Task description:
Working from the records below, repeat exactly the lines starting at the line that contains "is_value n (some m) = nat_beq m n" and ending at the line that contains "let e2 = after_label", inclusive.

START Task inputs

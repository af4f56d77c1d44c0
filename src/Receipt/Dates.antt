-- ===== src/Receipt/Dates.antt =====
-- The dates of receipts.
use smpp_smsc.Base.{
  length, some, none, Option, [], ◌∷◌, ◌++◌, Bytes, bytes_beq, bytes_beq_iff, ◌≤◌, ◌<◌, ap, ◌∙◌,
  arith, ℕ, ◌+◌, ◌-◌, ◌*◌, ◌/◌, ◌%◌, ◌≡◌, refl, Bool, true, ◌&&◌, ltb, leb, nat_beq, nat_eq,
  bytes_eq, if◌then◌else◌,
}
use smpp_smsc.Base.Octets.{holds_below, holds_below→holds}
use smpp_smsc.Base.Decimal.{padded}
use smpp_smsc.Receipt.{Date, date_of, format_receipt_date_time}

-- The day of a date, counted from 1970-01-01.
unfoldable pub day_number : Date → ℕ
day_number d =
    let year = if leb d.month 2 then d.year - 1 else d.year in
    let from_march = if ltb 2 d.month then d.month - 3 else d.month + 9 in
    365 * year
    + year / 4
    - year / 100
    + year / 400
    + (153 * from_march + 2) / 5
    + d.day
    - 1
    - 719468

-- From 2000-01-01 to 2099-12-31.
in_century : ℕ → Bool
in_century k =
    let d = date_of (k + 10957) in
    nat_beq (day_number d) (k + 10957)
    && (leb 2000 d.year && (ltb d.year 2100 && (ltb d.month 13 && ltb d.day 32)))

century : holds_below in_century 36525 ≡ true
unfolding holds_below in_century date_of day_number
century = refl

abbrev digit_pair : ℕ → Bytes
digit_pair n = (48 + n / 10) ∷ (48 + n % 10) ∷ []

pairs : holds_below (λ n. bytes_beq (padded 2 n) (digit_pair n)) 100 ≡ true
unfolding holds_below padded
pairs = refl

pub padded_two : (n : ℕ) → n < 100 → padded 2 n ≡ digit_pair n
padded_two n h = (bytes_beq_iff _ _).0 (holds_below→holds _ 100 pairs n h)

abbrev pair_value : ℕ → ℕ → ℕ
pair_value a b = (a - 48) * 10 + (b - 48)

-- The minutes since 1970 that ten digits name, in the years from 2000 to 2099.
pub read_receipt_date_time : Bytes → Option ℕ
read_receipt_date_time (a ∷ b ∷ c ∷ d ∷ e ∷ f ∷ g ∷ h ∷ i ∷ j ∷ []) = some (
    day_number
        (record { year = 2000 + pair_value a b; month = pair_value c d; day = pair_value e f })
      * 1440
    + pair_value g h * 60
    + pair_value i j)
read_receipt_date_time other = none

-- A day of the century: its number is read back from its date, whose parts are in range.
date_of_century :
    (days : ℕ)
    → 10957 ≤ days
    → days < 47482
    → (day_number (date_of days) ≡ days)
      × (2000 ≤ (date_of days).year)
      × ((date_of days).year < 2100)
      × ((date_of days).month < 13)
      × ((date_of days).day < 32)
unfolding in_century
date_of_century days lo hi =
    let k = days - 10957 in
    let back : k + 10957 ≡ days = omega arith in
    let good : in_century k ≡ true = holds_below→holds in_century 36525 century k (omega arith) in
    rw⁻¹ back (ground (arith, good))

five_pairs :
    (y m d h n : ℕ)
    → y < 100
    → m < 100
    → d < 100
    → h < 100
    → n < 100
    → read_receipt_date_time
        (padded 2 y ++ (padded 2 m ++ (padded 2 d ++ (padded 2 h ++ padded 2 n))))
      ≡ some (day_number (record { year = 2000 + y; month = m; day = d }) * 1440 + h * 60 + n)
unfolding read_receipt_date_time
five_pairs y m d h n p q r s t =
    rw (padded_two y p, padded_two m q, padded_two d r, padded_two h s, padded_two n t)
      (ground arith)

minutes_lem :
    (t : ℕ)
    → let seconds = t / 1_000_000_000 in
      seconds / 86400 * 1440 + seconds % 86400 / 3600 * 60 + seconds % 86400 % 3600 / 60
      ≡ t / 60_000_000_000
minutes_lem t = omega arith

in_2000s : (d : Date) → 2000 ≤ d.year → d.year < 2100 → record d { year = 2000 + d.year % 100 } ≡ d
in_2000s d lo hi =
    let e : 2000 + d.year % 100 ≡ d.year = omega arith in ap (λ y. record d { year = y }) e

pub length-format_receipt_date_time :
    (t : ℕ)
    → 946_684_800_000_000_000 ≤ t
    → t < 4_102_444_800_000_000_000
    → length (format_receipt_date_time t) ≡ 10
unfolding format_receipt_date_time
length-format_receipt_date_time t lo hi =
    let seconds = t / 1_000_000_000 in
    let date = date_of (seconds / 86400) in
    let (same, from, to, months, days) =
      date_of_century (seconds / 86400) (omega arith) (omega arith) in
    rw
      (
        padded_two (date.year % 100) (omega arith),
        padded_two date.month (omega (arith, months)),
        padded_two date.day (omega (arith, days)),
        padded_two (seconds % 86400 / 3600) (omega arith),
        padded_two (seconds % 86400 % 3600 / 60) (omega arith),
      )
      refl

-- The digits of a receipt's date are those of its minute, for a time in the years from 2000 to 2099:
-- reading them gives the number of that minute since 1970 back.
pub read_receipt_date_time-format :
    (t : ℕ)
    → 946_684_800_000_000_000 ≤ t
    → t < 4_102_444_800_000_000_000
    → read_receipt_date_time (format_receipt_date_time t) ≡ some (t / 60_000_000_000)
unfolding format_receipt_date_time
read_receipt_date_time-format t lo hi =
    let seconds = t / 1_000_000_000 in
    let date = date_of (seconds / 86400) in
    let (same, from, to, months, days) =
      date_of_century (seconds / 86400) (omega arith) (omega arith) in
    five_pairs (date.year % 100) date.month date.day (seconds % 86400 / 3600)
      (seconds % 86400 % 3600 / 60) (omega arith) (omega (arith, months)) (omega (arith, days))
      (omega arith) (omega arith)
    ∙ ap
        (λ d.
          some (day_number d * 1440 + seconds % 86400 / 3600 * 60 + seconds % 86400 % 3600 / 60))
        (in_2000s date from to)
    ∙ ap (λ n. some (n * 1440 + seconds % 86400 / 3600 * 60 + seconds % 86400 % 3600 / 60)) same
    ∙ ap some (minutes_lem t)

END Task inputs
START Task inputs

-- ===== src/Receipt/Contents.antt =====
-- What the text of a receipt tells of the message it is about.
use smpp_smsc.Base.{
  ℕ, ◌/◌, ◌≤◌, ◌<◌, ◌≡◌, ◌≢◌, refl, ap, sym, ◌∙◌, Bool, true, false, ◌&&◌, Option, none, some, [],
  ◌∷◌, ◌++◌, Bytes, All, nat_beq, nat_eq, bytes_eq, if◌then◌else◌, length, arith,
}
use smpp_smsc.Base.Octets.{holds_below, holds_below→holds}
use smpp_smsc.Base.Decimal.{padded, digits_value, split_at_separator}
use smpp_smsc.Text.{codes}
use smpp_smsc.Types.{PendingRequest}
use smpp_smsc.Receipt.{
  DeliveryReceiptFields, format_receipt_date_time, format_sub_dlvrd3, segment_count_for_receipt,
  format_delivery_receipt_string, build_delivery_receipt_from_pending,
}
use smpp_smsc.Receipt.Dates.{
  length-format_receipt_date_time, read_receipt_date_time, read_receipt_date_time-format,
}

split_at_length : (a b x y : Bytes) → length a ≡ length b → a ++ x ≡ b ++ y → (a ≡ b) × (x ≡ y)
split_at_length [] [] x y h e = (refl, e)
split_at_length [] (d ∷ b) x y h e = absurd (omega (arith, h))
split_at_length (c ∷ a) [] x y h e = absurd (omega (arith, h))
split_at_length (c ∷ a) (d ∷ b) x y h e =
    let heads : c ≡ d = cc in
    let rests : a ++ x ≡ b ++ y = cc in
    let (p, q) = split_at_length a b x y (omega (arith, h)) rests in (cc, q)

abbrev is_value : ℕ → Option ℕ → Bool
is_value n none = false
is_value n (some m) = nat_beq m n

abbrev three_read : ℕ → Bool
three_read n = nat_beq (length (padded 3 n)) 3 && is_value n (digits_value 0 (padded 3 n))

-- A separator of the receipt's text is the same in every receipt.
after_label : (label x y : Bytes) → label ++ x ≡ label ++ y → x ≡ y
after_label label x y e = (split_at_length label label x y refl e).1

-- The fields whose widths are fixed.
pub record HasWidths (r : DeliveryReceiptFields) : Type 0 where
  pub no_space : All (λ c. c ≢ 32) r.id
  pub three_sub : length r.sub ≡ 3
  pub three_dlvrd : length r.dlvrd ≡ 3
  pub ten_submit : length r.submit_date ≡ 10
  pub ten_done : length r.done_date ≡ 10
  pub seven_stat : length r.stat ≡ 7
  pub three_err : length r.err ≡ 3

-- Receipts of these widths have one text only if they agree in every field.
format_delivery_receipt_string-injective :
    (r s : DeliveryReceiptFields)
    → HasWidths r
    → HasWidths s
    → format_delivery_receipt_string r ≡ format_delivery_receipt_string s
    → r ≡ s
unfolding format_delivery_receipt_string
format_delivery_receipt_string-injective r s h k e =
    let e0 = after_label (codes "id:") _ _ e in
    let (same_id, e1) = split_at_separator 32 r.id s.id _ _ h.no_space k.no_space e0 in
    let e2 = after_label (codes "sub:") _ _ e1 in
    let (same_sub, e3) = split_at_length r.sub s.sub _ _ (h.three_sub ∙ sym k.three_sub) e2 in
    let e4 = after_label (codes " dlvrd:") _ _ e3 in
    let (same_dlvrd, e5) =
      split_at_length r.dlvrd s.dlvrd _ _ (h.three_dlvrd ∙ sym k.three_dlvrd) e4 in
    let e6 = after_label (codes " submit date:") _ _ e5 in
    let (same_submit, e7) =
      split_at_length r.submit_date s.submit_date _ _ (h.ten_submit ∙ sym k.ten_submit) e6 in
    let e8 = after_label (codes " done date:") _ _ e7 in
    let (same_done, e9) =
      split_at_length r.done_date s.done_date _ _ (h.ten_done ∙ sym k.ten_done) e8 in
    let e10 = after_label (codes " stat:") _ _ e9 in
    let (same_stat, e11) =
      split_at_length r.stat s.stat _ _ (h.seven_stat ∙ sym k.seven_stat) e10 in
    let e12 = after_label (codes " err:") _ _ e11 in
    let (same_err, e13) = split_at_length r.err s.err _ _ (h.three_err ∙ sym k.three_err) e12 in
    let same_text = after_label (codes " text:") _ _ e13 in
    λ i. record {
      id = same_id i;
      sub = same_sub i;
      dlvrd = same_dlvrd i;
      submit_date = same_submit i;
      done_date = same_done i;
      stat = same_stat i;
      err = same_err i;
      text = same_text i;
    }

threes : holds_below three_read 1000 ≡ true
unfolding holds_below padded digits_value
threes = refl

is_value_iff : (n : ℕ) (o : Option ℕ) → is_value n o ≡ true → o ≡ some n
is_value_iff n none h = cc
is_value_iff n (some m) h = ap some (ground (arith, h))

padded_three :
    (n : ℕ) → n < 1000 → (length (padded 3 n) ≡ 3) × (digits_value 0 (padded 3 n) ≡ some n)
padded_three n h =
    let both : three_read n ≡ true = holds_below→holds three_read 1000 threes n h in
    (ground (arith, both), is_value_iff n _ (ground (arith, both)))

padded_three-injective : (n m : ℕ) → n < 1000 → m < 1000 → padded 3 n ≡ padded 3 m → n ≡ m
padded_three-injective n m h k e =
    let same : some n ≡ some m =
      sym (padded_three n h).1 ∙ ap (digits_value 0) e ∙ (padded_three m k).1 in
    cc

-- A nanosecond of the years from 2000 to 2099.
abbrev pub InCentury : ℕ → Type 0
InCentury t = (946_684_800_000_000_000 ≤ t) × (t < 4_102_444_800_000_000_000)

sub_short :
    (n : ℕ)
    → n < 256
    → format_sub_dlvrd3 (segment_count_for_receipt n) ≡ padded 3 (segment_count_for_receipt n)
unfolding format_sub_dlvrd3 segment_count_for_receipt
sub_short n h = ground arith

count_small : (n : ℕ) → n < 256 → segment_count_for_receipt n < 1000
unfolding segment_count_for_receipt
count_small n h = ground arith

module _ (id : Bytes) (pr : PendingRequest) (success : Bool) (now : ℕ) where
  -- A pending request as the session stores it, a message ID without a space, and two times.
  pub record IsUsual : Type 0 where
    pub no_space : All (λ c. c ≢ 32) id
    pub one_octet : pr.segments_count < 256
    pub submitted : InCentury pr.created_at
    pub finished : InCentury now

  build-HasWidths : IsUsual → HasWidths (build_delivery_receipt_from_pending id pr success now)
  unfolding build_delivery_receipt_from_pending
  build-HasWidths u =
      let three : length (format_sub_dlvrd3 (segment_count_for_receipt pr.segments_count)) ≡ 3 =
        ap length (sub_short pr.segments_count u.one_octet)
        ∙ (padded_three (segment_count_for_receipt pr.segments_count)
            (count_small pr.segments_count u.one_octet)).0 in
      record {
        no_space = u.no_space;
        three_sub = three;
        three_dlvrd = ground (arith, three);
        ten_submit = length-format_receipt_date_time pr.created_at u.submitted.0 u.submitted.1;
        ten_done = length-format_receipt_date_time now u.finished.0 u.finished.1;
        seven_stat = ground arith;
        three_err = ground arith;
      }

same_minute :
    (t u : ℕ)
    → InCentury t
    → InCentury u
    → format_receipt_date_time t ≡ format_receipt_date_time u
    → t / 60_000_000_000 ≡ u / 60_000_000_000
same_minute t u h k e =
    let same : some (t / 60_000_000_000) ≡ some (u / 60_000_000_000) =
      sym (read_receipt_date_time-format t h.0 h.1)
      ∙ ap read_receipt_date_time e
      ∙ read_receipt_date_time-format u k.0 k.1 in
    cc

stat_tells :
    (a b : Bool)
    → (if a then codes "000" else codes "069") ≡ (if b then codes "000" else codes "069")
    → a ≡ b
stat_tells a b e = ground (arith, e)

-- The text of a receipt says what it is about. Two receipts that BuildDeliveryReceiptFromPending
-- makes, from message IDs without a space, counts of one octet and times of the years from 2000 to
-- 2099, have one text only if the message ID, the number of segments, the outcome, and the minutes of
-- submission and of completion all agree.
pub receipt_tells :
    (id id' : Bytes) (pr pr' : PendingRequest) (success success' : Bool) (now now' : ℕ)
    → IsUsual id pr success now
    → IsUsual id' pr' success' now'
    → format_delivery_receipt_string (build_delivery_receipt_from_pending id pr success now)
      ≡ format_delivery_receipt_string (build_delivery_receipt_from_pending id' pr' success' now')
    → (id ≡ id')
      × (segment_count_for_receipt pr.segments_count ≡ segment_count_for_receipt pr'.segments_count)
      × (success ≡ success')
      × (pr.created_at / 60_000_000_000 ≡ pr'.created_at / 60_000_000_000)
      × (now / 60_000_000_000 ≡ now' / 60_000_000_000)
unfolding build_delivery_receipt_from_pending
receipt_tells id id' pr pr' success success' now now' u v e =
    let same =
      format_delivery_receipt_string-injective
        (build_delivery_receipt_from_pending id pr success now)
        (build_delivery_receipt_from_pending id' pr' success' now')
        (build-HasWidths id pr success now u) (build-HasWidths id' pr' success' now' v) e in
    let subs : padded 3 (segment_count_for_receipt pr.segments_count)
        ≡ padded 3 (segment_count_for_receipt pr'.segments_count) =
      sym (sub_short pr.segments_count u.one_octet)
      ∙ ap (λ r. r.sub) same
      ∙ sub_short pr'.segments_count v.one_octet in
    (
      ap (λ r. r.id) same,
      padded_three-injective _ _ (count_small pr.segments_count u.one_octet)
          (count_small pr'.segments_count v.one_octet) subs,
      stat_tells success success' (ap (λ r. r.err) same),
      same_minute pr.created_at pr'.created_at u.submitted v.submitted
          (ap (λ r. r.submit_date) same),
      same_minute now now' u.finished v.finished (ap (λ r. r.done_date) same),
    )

END Task inputs

Task solution:
is_value n (some m) = nat_beq m n

abbrev three_read : ℕ → Bool
three_read n = nat_beq (length (padded 3 n)) 3 && is_value n (digits_value 0 (padded 3 n))

-- A separator of the receipt's text is the same in every receipt.
after_label : (label x y : Bytes) → label ++ x ≡ label ++ y → x ≡ y
after_label label x y e = (split_at_length label label x y refl e).1

-- The fields whose widths are fixed.
pub record HasWidths (r : DeliveryReceiptFields) : Type 0 where
  pub no_space : All (λ c. c ≢ 32) r.id
  pub three_sub : length r.sub ≡ 3
  pub three_dlvrd : length r.dlvrd ≡ 3
  pub ten_submit : length r.submit_date ≡ 10
  pub ten_done : length r.done_date ≡ 10
  pub seven_stat : length r.stat ≡ 7
  pub three_err : length r.err ≡ 3

-- Receipts of these widths have one text only if they agree in every field.
format_delivery_receipt_string-injective :
    (r s : DeliveryReceiptFields)
    → HasWidths r
    → HasWidths s
    → format_delivery_receipt_string r ≡ format_delivery_receipt_string s
    → r ≡ s
unfolding format_delivery_receipt_string
format_delivery_receipt_string-injective r s h k e =
    let e0 = after_label (codes "id:") _ _ e in
    let (same_id, e1) = split_at_separator 32 r.id s.id _ _ h.no_space k.no_space e0 in
    let e2 = after_label (codes "sub:") _ _ e1 in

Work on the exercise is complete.